- **The task**: Only one stretch of the data below is wanted: the lines starting at the one with "timing_error = true;" and ending at the one with "issues = issue_of", both included, given again exactly.

[Stored items]

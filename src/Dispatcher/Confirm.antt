-- ===== src/Dispatcher/Confirm.antt =====
-- dispatcher.ts: enqueueConfirmed, the strict dispatch of a prewarm, with confirmActive. The text of an
-- issue's message is left out, and so is the logging.
use framework_module_resizer.Prelude.{
  String, Bool, true, false, not, Option, none, some, List, [], ◌∷◌, ◌++◌, filter, str_eq,
  if◌then◌else◌,
}
use framework_module_resizer.Types.{MissingPreview, EnqueueReceipt, added, in_flight, unconfirmed}
use framework_module_resizer.Database.{Failure, Reply, done, threw}
use framework_module_resizer.Dispatcher.{
  DispatchOutcome, tried, result, add_failed, invalid, not_served, timing_invalid, locks_missing,
  gate_held, route_failed, gate_failed,
}
use framework_module_resizer.Dispatcher.Variants.{
  Confirming, group_variants, take_receipts, unresolved_of, values, has, flat,
}

-- `EnqueueIssue`, by its code.
pub data IssueCode : Type 0 where
  no_original no_queue lock_contended lock_failed queue_failed not_confirmed confirm_failed :
      IssueCode
  variant_conflict task_in_flight pipeline_unknown format_not_configured queue_not_served :
      IssueCode
  internal_error : IssueCode

pub record EnqueueIssue : Type 0 where
  pub code : IssueCode
  pub cause_code : Option String
  pub retryable : Bool
  pub previews : List MissingPreview

-- `ConfirmedEnqueueResult`
pub record ConfirmedEnqueueResult : Type 0 where
  pub accepted : List MissingPreview
  pub unconfirmed_previews : List MissingPreview
  pub tasks : List EnqueueReceipt
  pub issues : List EnqueueIssue
  pub timing_error : Bool

abbrev pub issue : IssueCode → Bool → List MissingPreview → EnqueueIssue
issue code retryable previews = record {
  code = code;
  cause_code = none;
  retryable = retryable;
  previews = previews;
}

-- An issue of the variants, when there are any.
abbrev pub issue_of : IssueCode → Bool → List MissingPreview → List EnqueueIssue
issue_of code retryable [] = []
issue_of code retryable (v ∷ vs) = issue code retryable (v ∷ vs) ∷ []

-- The issue codes by their names; a custom error may carry any code.
unfoldable pub issue_code : String → Option IssueCode
issue_code s =
    if str_eq s "RESIZE_ENQUEUE_NO_ORIGINAL"
    then some no_original
    else if str_eq s "RESIZE_ENQUEUE_NO_QUEUE"
    then some no_queue
    else if str_eq s "RESIZE_ENQUEUE_LOCK_CONTENDED"
    then some lock_contended
    else if str_eq s "RESIZE_ENQUEUE_LOCK_FAILED"
    then some lock_failed
    else if str_eq s "RESIZE_ENQUEUE_QUEUE_FAILED"
    then some queue_failed
    else if str_eq s "RESIZE_ENQUEUE_UNCONFIRMED"
    then some not_confirmed
    else if str_eq s "RESIZE_ENQUEUE_CONFIRM_FAILED"
    then some confirm_failed
    else if str_eq s "RESIZE_ENQUEUE_VARIANT_CONFLICT"
    then some variant_conflict
    else if str_eq s "RESIZE_TASK_IN_FLIGHT"
    then some task_in_flight
    else if str_eq s "RESIZE_PIPELINE_UNKNOWN"
    then some pipeline_unknown
    else if str_eq s "RESIZE_FORMAT_NOT_CONFIGURED"
    then some format_not_configured
    else if str_eq s "RESIZE_QUEUE_NOT_SERVED"
    then some queue_not_served
    else if str_eq s "RESIZE_ENQUEUE_INTERNAL_ERROR"
    then some internal_error
    else none

-- `routeFailureIssue`: `said` is the code and the `retryable` of an error of this package.
abbrev coded : Option IssueCode → String → Bool → List MissingPreview → EnqueueIssue
coded (some c) code retryable previews = issue c retryable previews
coded none code retryable previews = record {
  code = queue_failed;
  cause_code = some code;
  retryable = retryable;
  previews = previews;
}

unfoldable pub route_failure_issue : Option (String × Bool) → List MissingPreview → EnqueueIssue
unfolding issue_code
route_failure_issue (some (code, retryable)) previews =
    coded (issue_code code) code retryable previews
route_failure_issue none previews = issue queue_failed true previews

-- Nothing confirmed, with one issue.
unfoldable pub failed_with :
    (requested conflicts : List MissingPreview)
    → List EnqueueIssue
    → EnqueueIssue
    → ConfirmedEnqueueResult
failed_with requested conflicts issues i = record {
  accepted = [];
  unconfirmed_previews = requested ++ conflicts;
  tasks = [];
  issues = issues ++ i ∷ [];
  timing_error = false;
}

-- The result of `#confirmActive`, after its loop.
unfoldable pub confirmed :
    (identity : MissingPreview → String) (requested conflicts : List MissingPreview)
    → List EnqueueIssue
    → Confirming
    → ConfirmedEnqueueResult
confirmed identity requested conflicts issues c = record {
  accepted = filter (λ v. not (has (identity v) c.unresolved)) requested;
  unconfirmed_previews = values c.unresolved ++ conflicts;
  tasks = c.receipts;
  issues =
      issues
      ++ (issue_of variant_conflict false
            (values (filter (λ e. has e.0 c.unresolved) c.receipt_conflicts))
          ++ issue_of task_in_flight true
              (values (filter (λ e. not (has e.0 c.receipt_conflicts)) c.unresolved)));
  timing_error = false;
}

module _ (canonical : List MissingPreview → List MissingPreview)
    (identity payload : MissingPreview → String) (trim : String → String)
    (said : Failure → Option (String × Bool)) where
  -- `#confirmActive`, with the answer of the carrier's findActive, when it has one.
  unfoldable pub confirm_active :
      Option (Reply (List EnqueueReceipt))
      → (requested conflicts : List MissingPreview) → List EnqueueIssue
      → ConfirmedEnqueueResult
  unfolding confirmed failed_with take_receipts unresolved_of
  confirm_active none requested conflicts issues =
      confirmed identity requested conflicts issues
        (unresolved_of canonical identity payload requested)
  confirm_active (some (threw e)) requested conflicts issues =
      failed_with requested conflicts issues (issue confirm_failed true requested)
  confirm_active (some (done active)) requested conflicts issues =
      confirmed identity requested conflicts issues (
        take_receipts canonical identity payload trim active
          (unresolved_of canonical identity payload requested))

  -- The switch of `enqueueConfirmed`.
  unfoldable pub confirmed_outcome :
      Option (Reply (List EnqueueReceipt))
      → (requested conflicts : List MissingPreview) → List EnqueueIssue
      → DispatchOutcome
      → ConfirmedEnqueueResult
  unfolding confirm_active failed_with route_failure_issue
  confirmed_outcome active requested conflicts issues (tried (result (added id))) = record {
    accepted = requested;
    unconfirmed_previews = conflicts;
    tasks = record { task_id = id; previews = requested } ∷ [];
    issues = issues;
    timing_error = false;
  }
  confirmed_outcome active requested conflicts issues (tried (result (in_flight id))) =
      confirm_active active requested conflicts issues
  confirmed_outcome active requested conflicts issues (tried (result unconfirmed)) =
      failed_with requested conflicts issues (issue not_confirmed true requested)
  confirmed_outcome active requested conflicts issues (tried (add_failed e)) =
      failed_with requested conflicts issues (issue queue_failed true requested)
  confirmed_outcome active requested conflicts issues (tried (invalid stored)) =
      failed_with requested conflicts issues (issue not_confirmed false requested)
  confirmed_outcome active requested conflicts issues not_served =
      failed_with requested conflicts issues (issue queue_not_served false requested)
  confirmed_outcome active requested conflicts issues timing_invalid = record {
    accepted = [];
    unconfirmed_previews = requested ++ conflicts;
    tasks = [];
    issues = [];
    timing_error = true;
  }
  confirmed_outcome active requested conflicts issues locks_missing =
      failed_with requested conflicts issues (record {
        code = lock_failed;
        cause_code = some "RESIZE_LOCKS_REQUIRED";
        retryable = false;
        previews = requested;
      })
  confirmed_outcome active requested conflicts issues gate_held =
      failed_with requested conflicts issues (issue lock_contended true requested)
  confirmed_outcome active requested conflicts issues (route_failed e) =
      failed_with requested conflicts issues (route_failure_issue (said e) requested)
  confirmed_outcome active requested conflicts issues (gate_failed e) =
      failed_with requested conflicts issues (issue lock_failed true requested)

  -- `enqueueConfirmed`, of a dispatch and of the active tasks that findActive reports after it.
  abbrev pub confirm_requested :
      DispatchOutcome
      → Option (Reply (List EnqueueReceipt))
      → (requested conflicts : List MissingPreview) → ConfirmedEnqueueResult
  confirm_requested o active [] conflicts = record {
    accepted = [];
    unconfirmed_previews = conflicts;
    tasks = [];
    issues = issue_of variant_conflict false conflicts;
    timing_error = false;
  }
  confirm_requested o active (v ∷ requested) conflicts =
      confirmed_outcome active (v ∷ requested) conflicts (issue_of variant_conflict false conflicts)
        o

  unfoldable pub confirm_variants :
      (List MissingPreview → DispatchOutcome × Option (Reply (List EnqueueReceipt)))
      → List MissingPreview
      → ConfirmedEnqueueResult
  unfolding confirmed_outcome group_variants
  confirm_variants sent previews =
      let groups = group_variants canonical identity payload previews in
      let requested = values groups.unique in
      confirm_requested (sent requested).0 (sent requested).1 requested
        (flat (values groups.conflicts))

-- `noQueueResult`, of the canonical variants.
unfoldable pub no_queue_result : List MissingPreview → ConfirmedEnqueueResult
no_queue_result canonical = record {
  accepted = [];
  unconfirmed_previews = canonical;
  tasks = [];
  issues = issue no_queue false canonical ∷ [];
  timing_error = false;
}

- **Output of the task**:
    timing_error = true;
  }
  confirmed_outcome active requested conflicts issues locks_missing =
      failed_with requested conflicts issues (record {
        code = lock_failed;
        cause_code = some "RESIZE_LOCKS_REQUIRED";
        retryable = false;
        previews = requested;
      })
  confirmed_outcome active requested conflicts issues gate_held =
      failed_with requested conflicts issues (issue lock_contended true requested)
  confirmed_outcome active requested conflicts issues (route_failed e) =
      failed_with requested conflicts issues (route_failure_issue (said e) requested)
  confirmed_outcome active requested conflicts issues (gate_failed e) =
      failed_with requested conflicts issues (issue lock_failed true requested)

  -- `enqueueConfirmed`, of a dispatch and of the active tasks that findActive reports after it.
  abbrev pub confirm_requested :
      DispatchOutcome
      → Option (Reply (List EnqueueReceipt))
      → (requested conflicts : List MissingPreview) → ConfirmedEnqueueResult
  confirm_requested o active [] conflicts = record {
    accepted = [];
    unconfirmed_previews = conflicts;
    tasks = [];
    issues = issue_of variant_conflict false conflicts;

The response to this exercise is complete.